**Description of the task:**
Below are lines of data; restate word for word those running from the line containing "StartsAfter from = All" to the line containing "(i : ℕ) (last", inclusive, and no others.

**The data:**
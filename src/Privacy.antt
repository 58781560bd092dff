-- ===== src/Privacy.antt =====
-- packages/privacy/src: what may be recorded, and how secrets are masked.
pub mod Spans
pub mod Classify
pub mod Cover
pub mod Refusals
pub mod Verdicts
pub mod Examples
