-- ===== src/Privacy/Classify.antt =====
-- packages/privacy/src/classify.ts: the three layers of `classify`. What the detectors find in a
-- text is an argument; a reason is left out.
use copy_clipboard_app.Base.{
  keep_if, Text, Bool, true, false, Option, none, some, List, [], ◌∷◌, ◌++◌, length, ltb, any,
  includes, if◌then◌else◌,
}
use copy_clipboard_app.Protocol.Types.{
  Item, Snapshot, Classification, PasteboardHint, Flag, SourceApp, MaskSpan, DetectorName,
}
use copy_clipboard_app.Protocol.Tags.{is_empty}

pub record PrivacyRules : Type 0 where
  pub detectors : List DetectorName
  pub honour_hints : Bool
  pub excluded_bundle_ids : List Text

-- SKIP_HINTS
abbrev pub is_skip_hint : PasteboardHint → Bool
is_skip_hint PasteboardHint.concealed = true
is_skip_hint PasteboardHint.password_manager = true
is_skip_hint _ = false

abbrev pub should_skip_on_hints : List PasteboardHint → PrivacyRules → Bool
should_skip_on_hints hints rules = if rules.honour_hints then any is_skip_hint hints else false

abbrev pub hint_flag : PasteboardHint → List Flag
hint_flag PasteboardHint.transient = Flag.transient ∷ []
hint_flag PasteboardHint.auto_generated = Flag.auto_generated ∷ []
hint_flag _ = []

unfoldable pub hint_flags : List PasteboardHint → List Flag
hint_flags [] = []
hint_flags (h ∷ hints) = hint_flag h ++ hint_flags hints

abbrev pub skip : Flag → Classification
skip flag = record { records = false; flags = flag ∷ [] }

abbrev pub bundle_id : Option SourceApp → Option Text
bundle_id none = none
bundle_id (some app) = app.bundle_id

-- With a rule active, an owner that is excluded or not known is refused.
abbrev pub is_excluded : Option Text → List Text → Bool
is_excluded none excluded = true
is_excluded (some id) excluded = includes id excluded

abbrev pub finds_secret :
    (Text → List DetectorName → List MaskSpan) → Option Text → PrivacyRules → Bool
finds_secret detect none rules = false
finds_secret detect (some text) rules =
    if is_empty text then false else ltb 0 (length (detect text rules.detectors))

unfoldable pub classify :
    (Text → List DetectorName → List MaskSpan) → Snapshot → PrivacyRules → Classification
unfolding hint_flags
classify detect s rules =
    let flags = hint_flags s.hints in
    if should_skip_on_hints s.hints rules
    then skip Flag.concealed
    else if (if ltb 0 (length rules.excluded_bundle_ids)
        then is_excluded (bundle_id s.source_app) rules.excluded_bundle_ids
        else false)
    then skip Flag.excluded
    else if finds_secret detect s.primary_text rules
    then record { records = true; flags = flags ++ Flag.secret ∷ [] }
    else record { records = true; flags = flags }

-- ALL_DETECTORS
abbrev pub all_detectors : List DetectorName
all_detectors =
    DetectorName.pem_private_key ∷ DetectorName.aws_access_key ∷ DetectorName.github_token
    ∷ DetectorName.openai_key ∷ DetectorName.anthropic_key ∷ DetectorName.slack_token
    ∷ DetectorName.stripe_live_key ∷ DetectorName.google_api_key ∷ DetectorName.jwt
    ∷ DetectorName.high_entropy ∷ []

abbrev pub default_rules : PrivacyRules
default_rules = record { detectors = all_detectors; honour_hints = true; excluded_bundle_ids = [] }

-- packages/protocol/src/types.ts: NON_SYNCABLE_FLAGS
abbrev pub is_non_syncable : Flag → Bool
is_non_syncable Flag.secret = true
is_non_syncable Flag.concealed = true
is_non_syncable Flag.excluded = true
is_non_syncable Flag.no_sync = true
is_non_syncable _ = false

-- packages/privacy/src/assert-syncable.ts: `none` is its exception
unfoldable pub assert_syncable : Item → Option (Unit {0})
assert_syncable it = if ltb 0 (length (keep_if is_non_syncable it.flags)) then none else some tt
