-- ===== src/Privacy/Spans.antt =====
-- packages/privacy/src/detectors.ts and mask.ts: the union of overlapping spans, and the masked text.
-- What the regular expressions and the entropy scan find is an argument.
use copy_clipboard_app.Base.{
  ℕ, zero, suc, ◌-◌, max, Text, Bool, List, [], ◌∷◌, ◌++◌, length, take, drop, ltb, leb, ◌==◌,
  if◌then◌else◌, sort,
}
use copy_clipboard_app.Protocol.Types.{MaskSpan, DetectorName, high_entropy}

-- `a.start - b.start || a.end - b.end`, as "stands strictly before"
abbrev pub span_before : MaskSpan → MaskSpan → Bool
span_before a b = if a.start == b.start then ltb a.end b.end else ltb a.start b.start

-- A named detector wins the label.
abbrev pub label : DetectorName → DetectorName → DetectorName
label high_entropy d = d
label c d = c

abbrev pub join_spans : MaskSpan → MaskSpan → MaskSpan
join_spans last s = record {
  start = last.start;
  end = max last.end s.end;
  detector = label last.detector s.detector;
}

-- The loop over the sorted spans: `last` is the last of `out`.
unfoldable pub merge_from : MaskSpan → List MaskSpan → List MaskSpan
merge_from last [] = last ∷ []
merge_from last (s ∷ spans) =
    let joined = merge_from (join_spans last s) spans in
    let apart = merge_from s spans in if ltb s.start last.end then joined else last ∷ apart

abbrev pub merge_sorted : List MaskSpan → List MaskSpan
merge_sorted [] = []
merge_sorted (s ∷ spans) = merge_from s spans

unfoldable pub merge_spans : List MaskSpan → List MaskSpan
unfolding merge_from
merge_spans spans = merge_sorted (sort span_before spans)

-- packages/protocol/src/constants.ts: MASK_BULLET
abbrev pub mask_bullet : ℕ
mask_bullet = 8226

abbrev pub bullets : ℕ → Text
bullets zero = []
bullets (suc n) = mask_bullet ∷ bullets n

-- `maskToken`
unfoldable pub mask_token : Text → Text
mask_token raw =
    if leb 12 (length raw) then take 4 raw ++ bullets 4 ++ drop (length raw - 4) raw else bullets 8

-- `text.slice(from, to)`
abbrev pub slice : ℕ → ℕ → Text → Text
slice from to text = take (to - from) (drop from text)

-- The loop of `mask`, from a cursor.
unfoldable pub mask_from : ℕ → Text → List MaskSpan → Text
unfolding mask_token
mask_from cursor text [] = drop cursor text
mask_from cursor text (s ∷ spans) =
    slice cursor s.start text ++ mask_token (slice s.start s.end text) ++ mask_from s.end text spans

-- `detectSpans` over what the patterns find
unfoldable pub detect_spans :
    (Text → List DetectorName → List MaskSpan) → Text → List DetectorName → List MaskSpan
unfolding merge_spans
detect_spans found text enabled = merge_spans (found text enabled)

unfoldable pub mask :
    (Text → List DetectorName → List MaskSpan) → List DetectorName → Text → Text × List MaskSpan
unfolding detect_spans mask_from
mask found detectors text =
    let spans = detect_spans found text detectors in (mask_from 0 text spans, spans)
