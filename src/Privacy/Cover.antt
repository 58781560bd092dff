-- ===== src/Privacy/Cover.antt =====
-- detectors.ts: `mergeSpans` covers the positions that its spans cover, and its result is in order.
use copy_clipboard_app.Base.{
  ℕ, ◌≤◌, ◌≡◌, refl, ◌∙◌, Bool, inl, inr, ◌&&◌, ◌||◌, List, [], ◌∷◌, arith, ltb, leb, any, All,
  All-map_impl, Bool-cases, sort, insert_sorted,
}
use copy_clipboard_app.Base.Sorted.{IsStrict, Pairs, sort-Pairs}
use copy_clipboard_app.Protocol.Types.{MaskSpan}
use copy_clipboard_app.Privacy.Spans.{
  span_before, join_spans, merge_from, merge_sorted, merge_spans,
}

-- The position stands in the span, or in one of the spans.
abbrev pub holds : ℕ → MaskSpan → Bool
holds i s = leb s.start i && ltb i s.end

abbrev pub covers : ℕ → List MaskSpan → Bool
covers i = any (holds i)

covers-insert_sorted :
    (i : ℕ) (s : MaskSpan) (spans : List MaskSpan)
    → covers i (insert_sorted span_before s spans) ≡ (holds i s || covers i spans)
unfolding insert_sorted
covers-insert_sorted i s [] = ground arith
covers-insert_sorted i s (r ∷ spans) = ground (arith, covers-insert_sorted i s spans)

covers-sort : (i : ℕ) (spans : List MaskSpan) → covers i (sort span_before spans) ≡ covers i spans
unfolding sort
covers-sort i [] = refl
covers-sort i (s ∷ spans) =
    ground (arith, covers-insert_sorted i s (sort span_before spans), covers-sort i spans)

-- Every one starts at `from` or later.
abbrev StartsAfter : ℕ → List MaskSpan → Type 0
StartsAfter from = All λ (s : MaskSpan). from ≤ s.start

-- Each starts no earlier than those before it.
abbrev Ascends : List MaskSpan → Type 0
Ascends = Pairs λ (a b : MaskSpan). a.start ≤ b.start

covers-merge_from :
    (i : ℕ) (last : MaskSpan) (spans : List MaskSpan)
    → StartsAfter last.start spans
    → Ascends spans
    → covers i (merge_from last spans) ≡ (holds i last || covers i spans)
unfolding merge_from
covers-merge_from i last [] h a = ground arith
covers-merge_from i last (s ∷ spans) h a = ground (
  arith,
  h.0,
  covers-merge_from i (join_spans last s) spans h.1 a.1,
  covers-merge_from i s spans a.0 a.1,
)

merge_from-StartsAfter :
    (from : ℕ) (last : MaskSpan) (spans : List MaskSpan)
    → from ≤ last.start
    → StartsAfter from spans
    → StartsAfter from (merge_from last spans)
unfolding merge_from
merge_from-StartsAfter from last [] e h = (e, tt)
merge_from-StartsAfter from last (s ∷ spans) e h = elim (Bool-cases (ltb s.start last.end)) [
  | inl o ↦ rw o (merge_from-StartsAfter from (join_spans last s) spans e h.1)
  | inr o ↦ rw o (e, merge_from-StartsAfter from s spans h.0 h.1)
]

-- Each ends before the next one starts, or where it does.
abbrev pub Disjoint : List MaskSpan → Type 0
Disjoint = Pairs λ (a b : MaskSpan). a.end ≤ b.start

merge_from-Disjoint :
    (last : MaskSpan) (spans : List MaskSpan)
    → StartsAfter last.start spans
    → Ascends spans
    → Disjoint (merge_from last spans)
unfolding merge_from
merge_from-Disjoint last [] h a = (tt, tt)
merge_from-Disjoint last (s ∷ spans) h a = elim (Bool-cases (ltb s.start last.end)) [
  | inl o ↦ rw o (merge_from-Disjoint (join_spans last s) spans h.1 a.1)
  | inr o ↦
      let later : last.end ≤ s.start = ground arith in
      rw o (
        merge_from-StartsAfter last.end s spans later (
            All-map_impl (λ (r : MaskSpan). s.start ≤ r.start) (λ r k. omega (arith, k, later))
              spans a.0),
        merge_from-Disjoint s spans a.0 a.1,
      )
]

span_before-IsStrict : IsStrict span_before
span_before-IsStrict = record { asymm = λ a b h. ground arith; cotrans = λ a b c h k. ground arith }

Pairs-impl :
    {A : Type 0} {R S : A → A → Type 0}
    → ((a b : A) → R a b → S a b)
    → (xs : List A) → Pairs R xs
    → Pairs S xs
Pairs-impl f [] h = tt
Pairs-impl {R = R} f (x ∷ xs) h = (All-map_impl (R x) (f x) xs h.0, Pairs-impl f xs h.1)

sort-Ascends : (spans : List MaskSpan) → Ascends (sort span_before spans)
sort-Ascends spans =
    Pairs-impl (λ a b h. ground arith) (sort span_before spans)
      (sort-Pairs span_before span_before-IsStrict spans)

-- The union of spans covers the positions that they cover, no more and no fewer, in whatever order
-- they come; and in the union each span ends before a later one starts, or where it starts.
pub merge_spans_lem :
    (spans : List MaskSpan)
    → ((i : ℕ) → covers i (merge_spans spans) ≡ covers i spans) × Disjoint (merge_spans spans)
unfolding merge_spans
merge_spans_lem spans = (
  λ i. merged i (sort span_before spans) (sort-Ascends spans) ∙ covers-sort i spans,
  disjoint (sort span_before spans) (sort-Ascends spans),
)
  where
    merged : (i : ℕ) (ss : List MaskSpan) → Ascends ss → covers i (merge_sorted ss) ≡ covers i ss
    merged i [] a = refl
    merged i (s ∷ ss) a = covers-merge_from i s ss a.0 a.1 ∙ ground arith

    disjoint : (ss : List MaskSpan) → Ascends ss → Disjoint (merge_sorted ss)
    disjoint [] a = tt
    disjoint (s ∷ ss) a = merge_from-Disjoint s ss a.0 a.1
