-- ===== src/Privacy/Refusals.antt =====
-- classify.ts: when the hints and the owner of a copy forbid that it is recorded.
use copy_clipboard_app.Base.{
  ℕ, suc, Text, text_eq, text_eq→eq, text_eq_refl, ◌≡◌, ◌≢◌, refl, sym, ap, subst, ◌⊎◌, Bool, true,
  false, inl, inr, Option, none, some, List, [], ◌∷◌, arith, ltb, any, includes, All, length,
  if◌then◌else◌, Bool-cases,
}
use copy_clipboard_app.Protocol.Types.{Snapshot, PasteboardHint, SourceApp}
use copy_clipboard_app.Privacy.Classify.{
  PrivacyRules, is_skip_hint, should_skip_on_hints, bundle_id, is_excluded,
}

-- If the hints are honoured, none says that the copy is concealed or of a password manager.
abbrev pub HintsAllow : Snapshot → PrivacyRules → Type 0
HintsAllow s rules =
    rules.honour_hints ≡ true
    → All (λ h. (h ≢ PasteboardHint.concealed) × (h ≢ PasteboardHint.password_manager)) s.hints

-- The owner of the copy is known by its bundle identifier, which is none of these.
pub record IsKnownApart (owner : Option SourceApp) (excluded : List Text) : Type 0 where
  pub app : SourceApp
  pub id : Text
  pub owned : owner ≡ some app
  pub named : app.bundle_id ≡ some id
  pub apart : All (λ e. e ≢ id) excluded

-- No application is excluded, or the owner is known not to be one of those that are.
abbrev pub OwnerAllows : Option SourceApp → List Text → Type 0
OwnerAllows owner excluded = (excluded ≡ []) ⊎ IsKnownApart owner excluded

-- A test that holds refutes the statement, and one that fails proves it.
abbrev pub Refutes : Bool → Type 0 → Type 0
Refutes true P = P → ⊥
Refutes false P = P

module _ (P : Type 0) where
  pub refuted : (b : Bool) → b ≡ true → Refutes b P → P → ⊥
  refuted true e h = h
  refuted false e h = cc

  pub proved : (b : Bool) → b ≡ false → Refutes b P → P
  proved true e h = cc
  proved false e h = h

  Refutes-and : (Q : Type 0) (b : Bool) → P → Refutes b Q → Refutes b (P × Q)
  Refutes-and Q true p q = λ h. q h.1
  Refutes-and Q false p q = (p, q)

Refutes-or : (P Q : Type 0) (b : Bool) → (P → ⊥) → Refutes b Q → Refutes b (P ⊎ Q)
Refutes-or P Q true p q = λ h. elim h [ inl a ↦ p a | inr a ↦ q a ]
Refutes-or P Q false p q = inr q

pub ltb-suc : (n : ℕ) → ltb 0 (suc n) ≡ true
ltb-suc n = ground arith

abbrev IsOpenHint : PasteboardHint → Type 0
IsOpenHint h = (h ≢ PasteboardHint.concealed) × (h ≢ PasteboardHint.password_manager)

hints_lem : (hints : List PasteboardHint) → Refutes (any is_skip_hint hints) (All IsOpenHint hints)
hints_lem [] = tt
hints_lem (PasteboardHint.concealed ∷ hints) = λ a. a.0.0 refl
hints_lem (PasteboardHint.password_manager ∷ hints) = λ a. a.0.1 refl
hints_lem (PasteboardHint.transient ∷ hints) =
    Refutes-and (IsOpenHint PasteboardHint.transient) (All IsOpenHint hints)
      (any is_skip_hint hints) (λ e. cc, λ e. cc) (hints_lem hints)
hints_lem (PasteboardHint.auto_generated ∷ hints) =
    Refutes-and (IsOpenHint PasteboardHint.auto_generated) (All IsOpenHint hints)
      (any is_skip_hint hints) (λ e. cc, λ e. cc) (hints_lem hints)

pub should_skip_on_hints_lem :
    (s : Snapshot) (rules : PrivacyRules)
    → Refutes (should_skip_on_hints s.hints rules) (HintsAllow s rules)
should_skip_on_hints_lem s rules = elim (Bool-cases rules.honour_hints) [
  | inl e ↦ elim (Bool-cases (any is_skip_hint s.hints)) [
    | inl f ↦ rw (e, f) (λ a. refuted (All IsOpenHint s.hints) _ f (hints_lem s.hints) (a refl))
    | inr f ↦ rw (e, f) (λ h. proved (All IsOpenHint s.hints) _ f (hints_lem s.hints))
  ]
  | inr e ↦ rw e (λ h. cc)
]

abbrev Apart : Text → List Text → Type 0
Apart id ids = All (λ e. e ≢ id) ids

includes_lem : (id : Text) (ids : List Text) → Refutes (includes id ids) (Apart id ids)
unfolding includes
includes_lem id [] = tt
includes_lem id (j ∷ ids) = elim (Bool-cases (text_eq j id)) [
  | inl e ↦ rw e (λ a. a.0 (text_eq→eq j id e))
  | inr e ↦ rw e (
      Refutes-and (j ≢ id) (Apart id ids) (includes id ids)
        (λ d. cc (e, sym (text_eq_refl id), ap (λ k. text_eq k id) d)) (includes_lem id ids))
]

-- The owner of the copy is excluded by a rule, or not known while there is one.
abbrev pub is_refused : Option SourceApp → List Text → Bool
is_refused owner ids = if ltb 0 (length ids) then is_excluded (bundle_id owner) ids else false

-- The owner is known exactly if its bundle identifier is.
named :
    (owner : Option SourceApp) (id : Text)
    → bundle_id owner ≡ some id
    → (app : SourceApp) × (owner ≡ some app) × (app.bundle_id ≡ some id)
named none id e = cc
named (some app) id e = (app, refl, e)

is_excluded_lem :
    (owner : Option SourceApp) (ids : List Text) (o : Option Text)
    → bundle_id owner ≡ o
    → Refutes (is_excluded o ids) (IsKnownApart owner ids)
is_excluded_lem owner ids none e = λ k. cc (e, k.named, ap bundle_id k.owned)
is_excluded_lem owner ids (some id) e = elim (Bool-cases (includes id ids)) [
  | inl f ↦ rw f (λ k.
      let same : k.id ≡ id = cc (e, k.named, ap bundle_id k.owned) in
      refuted (Apart id ids) _ f (includes_lem id ids) (subst (λ i. Apart i ids) same k.apart))
  | inr f ↦ rw f (
      let (app, owned, name) = named owner id e in
      record {
        app = app;
        id = id;
        owned = owned;
        named = name;
        apart = proved (Apart id ids) _ f (includes_lem id ids);
      })
]

pub is_refused_lem :
    (owner : Option SourceApp) (ids : List Text)
    → Refutes (is_refused owner ids) (OwnerAllows owner ids)
is_refused_lem owner [] = inl refl
is_refused_lem owner (j ∷ ids) = rw (ltb-suc (length ids)) (
    Refutes-or ((j ∷ ids) ≡ []) (IsKnownApart owner (j ∷ ids)) _ (λ e. cc)
      (is_excluded_lem owner (j ∷ ids) (bundle_id owner) refl))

**Completed exercise:**
StartsAfter from = All λ (s : MaskSpan). from ≤ s.start

-- Each starts no earlier than those before it.
abbrev Ascends : List MaskSpan → Type 0
Ascends = Pairs λ (a b : MaskSpan). a.start ≤ b.start

covers-merge_from :
    (i : ℕ) (last : MaskSpan) (spans : List MaskSpan)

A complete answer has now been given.